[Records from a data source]

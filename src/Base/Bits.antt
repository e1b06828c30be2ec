-- ===== src/Base/Bits.antt =====
-- `|` of fields that do not overlap is their sum, and `&` with a low mask is a remainder.
use Prim.Native.Nat.{
  ℕ, zero, suc, ◌+◌, ◌-◌, ◌*◌, ◌/◌, ◌%◌, ◌^◌, ◌≤◌, ◌<◌, min, max, bit_and, bit_or, digits, bitwise,
  bit_and-bitwise, bit_or-bitwise,
}
use mathlib.Core.Path.{◌≡◌, refl, ap, ◌∙◌}
use native.Mathlib.Nat.{pow-suc, one-le-pow, div-div-eq-div-mul, mul_comm}
use native.Mathlib.Omega.{arith}

-- `digits` goes through as many rounds as its first operand allows; spare rounds change nothing.
spare_round :
    (rest : ℕ → ℕ) (op : ℕ → ℕ → ℕ) (v w n : ℕ)
    → v ≤ n
    → digits rest op (suc n) v w ≡ digits rest op n v w
spare_round rest op zero w zero fits = refl
spare_round rest op zero w (suc n) fits = refl
spare_round rest op (suc v) w zero fits = absurd (omega arith)
spare_round rest op (suc v) w (suc n) fits =
    rw (spare_round rest op (suc v / 2) (w / 2) n (omega arith))

spare_rounds :
    (rest : ℕ → ℕ) (op : ℕ → ℕ → ℕ) (v w spare n : ℕ)
    → n ≡ spare + v
    → digits rest op n v w ≡ bitwise rest op v w
spare_rounds rest op v w zero n count =
    let none_spare : n ≡ v = omega arith in ap (λ t. digits rest op t v w) none_spare
spare_rounds rest op v w (suc spare) n count =
    let one_spare : n ≡ suc (spare + v) = omega arith in
    ap (λ t. digits rest op t v w) one_spare
    ∙ spare_round rest op v w (spare + v) (omega arith)
    ∙ spare_rounds rest op v w spare (spare + v) refl

-- The rounds that are left after the first are `v`, and half of them are enough.
halves :
    (rest : ℕ → ℕ) (op : ℕ → ℕ → ℕ) (v w : ℕ)
    → digits rest op v (suc v / 2) (w / 2) ≡ bitwise rest op (suc v / 2) (w / 2)
halves rest op v w = spare_rounds rest op (suc v / 2) (w / 2) (v - suc v / 2) v (omega arith)

bit_or_step : (v w : ℕ) → bit_or v w ≡ bit_or (v / 2) (w / 2) * 2 + max (v % 2) (w % 2)
bit_or_step zero w = omega (arith, bit_or-bitwise 0 w, bit_or-bitwise 0 (w / 2))
bit_or_step (suc v) w =
    omega
      (arith, bit_or-bitwise (suc v) w, bit_or-bitwise (suc v / 2) (w / 2), halves (λ y. y) max v w)

bit_and_step : (v w : ℕ) → bit_and v w ≡ bit_and (v / 2) (w / 2) * 2 + min (v % 2) (w % 2)
bit_and_step zero w = omega (arith, bit_and-bitwise 0 w, bit_and-bitwise 0 (w / 2))
bit_and_step (suc v) w =
    omega (
      arith,
      bit_and-bitwise (suc v) w,
      bit_and-bitwise (suc v / 2) (w / 2),
      halves (λ _. 0) min v w,
    )

zero-bit_or : (b : ℕ) → bit_or 0 b ≡ b
zero-bit_or b = bit_or-bitwise 0 b

and-zero_fuel : (n a : ℕ) → a ≤ n → bit_and a 0 ≡ 0
and-zero_fuel n zero h = refl
and-zero_fuel zero (suc a) h = absurd (omega arith)
and-zero_fuel (suc n) (suc a) h =
    omega (arith, bit_and_step (suc a) 0, and-zero_fuel n (suc a / 2) (omega arith))

mul-pow-suc : (q k : ℕ) → q * 2 ^ suc k ≡ 2 * (q * 2 ^ k)
mul-pow-suc q k = omega (arith, ap (λ (t : ℕ). q * t) (pow-suc 2 k))

-- `r | (q << k)` is a sum when `r` fits `k` bits.
pub bit_or-shift : (k r q : ℕ) → r < 2 ^ k → bit_or r (q * 2 ^ k) ≡ r + q * 2 ^ k
bit_or-shift zero zero q h = zero-bit_or (q * 2 ^ 0) ∙ omega arith
bit_or-shift zero (suc r) q h = absurd (omega arith)
bit_or-shift (suc k) r q h =
    ground
      (arith, bit_or_step r (q * 2 ^ suc k), mul-pow-suc q k, bit_or-shift k (r / 2) q, pow-suc 2 k)

bit_and-field : (k q r : ℕ) → r < 2 ^ k → bit_and (q * 2 ^ k + r) (2 ^ k - 1) ≡ r
bit_and-field zero q r h = omega (arith, and-zero_fuel (q * 2 ^ 0 + r) (q * 2 ^ 0 + r))
bit_and-field (suc k) q r h = ground (
  arith,
  bit_and_step (q * 2 ^ suc k + r) (2 ^ suc k - 1),
  mul-pow-suc q k,
  pow-suc 2 k,
  bit_and-field k q (r / 2) (omega arith),
)

-- A mask of `k` low bits is the remainder by `2 ^ k`.
pub bit_and-mask : (k a : ℕ) → bit_and a (2 ^ k - 1) ≡ a % 2 ^ k
bit_and-mask k a = ground (arith, one-le-pow k 2, bit_and-field k (a / 2 ^ k) (a % 2 ^ k))

div-pow-suc : (v k : ℕ) → v / 2 ^ suc k ≡ v / 2 / 2 ^ k
div-pow-suc v k = rw (div-div-eq-div-mul, pow-suc, mul_comm 2 (2 ^ k))

-- A shifted mask selects the bits from `k` on.
pub bit_and-shift : (k v m : ℕ) → bit_and v (m * 2 ^ k) ≡ bit_and (v / 2 ^ k) m * 2 ^ k
bit_and-shift zero v m =
    let one : m * 1 ≡ m = omega arith in
    let whole : v / 1 ≡ v = omega arith in rw (one, whole) (omega arith)
bit_and-shift (suc k) v m = ground (
  arith,
  bit_and_step v (m * 2 ^ suc k),
  mul-pow-suc m k,
  mul-pow-suc (bit_and (v / 2 ^ suc k) m) k,
  div-pow-suc v k,
  bit_and-shift k (v / 2) m,
)

or-zero_fuel : (n a : ℕ) → a ≤ n → bit_or a 0 ≡ a
or-zero_fuel n zero h = refl
or-zero_fuel zero (suc a) h = absurd (omega arith)
or-zero_fuel (suc n) (suc a) h =
    omega (arith, bit_or_step (suc a) 0, or-zero_fuel n (suc a / 2) (omega arith))

-- The same with the operands in the other order: `(q << k) | r`.
pub shift-bit_or : (k q r : ℕ) → r < 2 ^ k → bit_or (q * 2 ^ k) r ≡ q * 2 ^ k + r
shift-bit_or zero q zero h = or-zero_fuel (q * 2 ^ 0) (q * 2 ^ 0) (omega arith) ∙ omega arith
shift-bit_or zero q (suc r) h = absurd (omega arith)
shift-bit_or (suc k) q r h =
    ground
      (arith, bit_or_step (q * 2 ^ suc k) r, mul-pow-suc q k, shift-bit_or k q (r / 2), pow-suc 2 k)

-- The little-endian number of four bytes.
abbrev pub le32 : ℕ → ℕ → ℕ → ℕ → ℕ
le32 a b c d = a + b * 2 ^ 8 + c * 2 ^ 16 + d * 2 ^ 24

module _ (a b c d : ℕ) (ha : a < 256) (hb : b < 256) (hc : c < 256) where
  -- The bytes put in from the low end, as buffer_helper.c does.
  pub or_up : bit_or (bit_or (bit_or a (b * 2 ^ 8)) (c * 2 ^ 16)) (d * 2 ^ 24) ≡ le32 a b c d
  or_up =
      let one : bit_or a (b * 2 ^ 8) ≡ a + b * 2 ^ 8 = bit_or-shift 8 a b ha in
      let two : bit_or (a + b * 2 ^ 8) (c * 2 ^ 16) ≡ a + b * 2 ^ 8 + c * 2 ^ 16 =
        bit_or-shift 16 (a + b * 2 ^ 8) c (omega arith) in
      rw (one, two) (bit_or-shift 24 (a + b * 2 ^ 8 + c * 2 ^ 16) d (omega arith))

  -- The bytes shifted in from the high end, as u_bstream.c does, on 64 bits.
  pub or_down :
      d < 256
      → bit_or (bit_or (bit_or (d * 2 ^ 8 % 2 ^ 64) c * 2 ^ 8 % 2 ^ 64) b * 2 ^ 8 % 2 ^ 64) a
        ≡ le32 a b c d
  or_down hd =
      let s1 : d * 2 ^ 8 % 2 ^ 64 ≡ d * 2 ^ 8 = omega arith in
      let s2 : (d * 2 ^ 8 + c) * 2 ^ 8 % 2 ^ 64 ≡ (d * 2 ^ 8 + c) * 2 ^ 8 = omega arith in
      let s3 : ((d * 2 ^ 8 + c) * 2 ^ 8 + b) * 2 ^ 8 % 2 ^ 64
          ≡ ((d * 2 ^ 8 + c) * 2 ^ 8 + b) * 2 ^ 8 =
        omega arith in
      rw
        (
          s1,
          shift-bit_or 8 d c hc,
          s2,
          shift-bit_or 8 (d * 2 ^ 8 + c) b hb,
          s3,
          shift-bit_or 8 ((d * 2 ^ 8 + c) * 2 ^ 8 + b) a ha,
        )
        (omega arith)

-- The four bytes of a 32-bit number make it up.
pub le32_bytes :
    (v : ℕ) → le32 (v % 256) (v / 2 ^ 8 % 256) (v / 2 ^ 16 % 256) (v / 2 ^ 24 % 256) ≡ v % 2 ^ 32
le32_bytes v = omega arith
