-- ===== src/BStream/Reads.antt =====
-- u_bstream.c: what a get returns on a stream with room.
use gcfflashero.Base.{
  ℕ, ◌+◌, ◌*◌, ◌≤◌, ◌<◌, ◌^◌, ◌≡◌, ap, arith, u16, true, false, AllBytes, AllBytes-get_or,
}
use gcfflashero.Base.Bits.{shift-bit_or, le32, or_down}
use gcfflashero.BStream.{
  BStream, Status, ok, is_null, memory, byte_at, verify, verify_read, read_past_end, get_u8,
  get_u16_le, get_u16_be, get_u32_le, get_u32_be, skip,
}
use gcfflashero.BStream.Bounds.{HasRoom}

-- The stream is sound, and `n` more bytes fit.
pub record Ready (n : ℕ) (bs : BStream) : Type 0 where
  pub fine : bs.status ≡ ok
  pub backed : is_null bs.bytes ≡ false
  pub room : HasRoom n bs
  pub bytes : AllBytes (memory bs)

pub verify-Ready :
    (past : Status) (n : ℕ) (bs : BStream) → n ≤ 4 → Ready n bs → verify past bs n ≡ (bs, true)
verify-Ready past n bs small r = rw (r.fine, r.backed) (ground (arith, r.room.within, r.room.small))

-- The byte at an offset from the position.
abbrev pub next : BStream → ℕ → ℕ
next bs k = byte_at bs (bs.pos + k)

module _ (bs : BStream) where
  small : (k : ℕ) {n : ℕ} → Ready n bs → next bs k < 256
  small k r = AllBytes-get_or (memory bs) (bs.pos + k) r.bytes

  here : byte_at bs bs.pos ≡ next bs 0
  here = ap (byte_at bs) (omega arith)

  pub get_u8-Ready : Ready 1 bs → get_u8 bs ≡ (skip 1 bs, next bs 0)
  unfolding get_u8 verify_read
  get_u8-Ready r = rw (verify-Ready read_past_end 1 bs (omega arith) r, here)

  pub get_u16_le-Ready : Ready 2 bs → get_u16_le bs ≡ (skip 2 bs, next bs 0 + next bs 1 * 2 ^ 8)
  unfolding get_u16_le verify_read
  get_u16_le-Ready r =
      let low = small 0 r in
      let high = small 1 r in
      let fits : u16 (next bs 1 * 2 ^ 8) ≡ next bs 1 * 2 ^ 8 = omega arith in
      rw
        (
          verify-Ready read_past_end 2 bs (omega arith) r,
          here,
          fits,
          shift-bit_or 8 (next bs 1) (next bs 0) low,
        )
        (ap (λ t. (skip 2 bs, t)) (omega arith))

  pub get_u16_be-Ready : Ready 2 bs → get_u16_be bs ≡ (skip 2 bs, next bs 1 + next bs 0 * 2 ^ 8)
  unfolding get_u16_be verify_read
  get_u16_be-Ready r =
      let high = small 0 r in
      let low = small 1 r in
      let fits : u16 (next bs 0 * 2 ^ 8) ≡ next bs 0 * 2 ^ 8 = omega arith in
      rw
        (
          verify-Ready read_past_end 2 bs (omega arith) r,
          here,
          fits,
          shift-bit_or 8 (next bs 0) (next bs 1) low,
        )
        (ap (λ t. (skip 2 bs, t)) (omega arith))

  -- A get of four bytes returns their little-endian number, and moves past them.
  pub get_u32_le-Ready :
      Ready 4 bs → get_u32_le bs ≡ (skip 4 bs, le32 (next bs 0) (next bs 1) (next bs 2) (next bs 3))
  unfolding get_u32_le verify_read
  get_u32_le-Ready r =
      rw (verify-Ready read_past_end 4 bs (omega arith) r, here)
        (ap (λ t. (skip 4 bs, t)) (or_down _ _ _ _ (small 0 r) (small 1 r) (small 2 r) (small 3 r)))

  pub get_u32_be-Ready :
      Ready 4 bs → get_u32_be bs ≡ (skip 4 bs, le32 (next bs 3) (next bs 2) (next bs 1) (next bs 0))
  unfolding get_u32_be verify_read
  get_u32_be-Ready r =
      rw (verify-Ready read_past_end 4 bs (omega arith) r, here)
        (ap (λ t. (skip 4 bs, t)) (or_down _ _ _ _ (small 3 r) (small 2 r) (small 1 r) (small 0 r)))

TASK - Copy each line above that contains the string "shifted".

TASK ANSWER -
-- A shifted mask selects the bits from `k` on.
  -- The bytes shifted in from the high end, as u_bstream.c does, on 64 bits.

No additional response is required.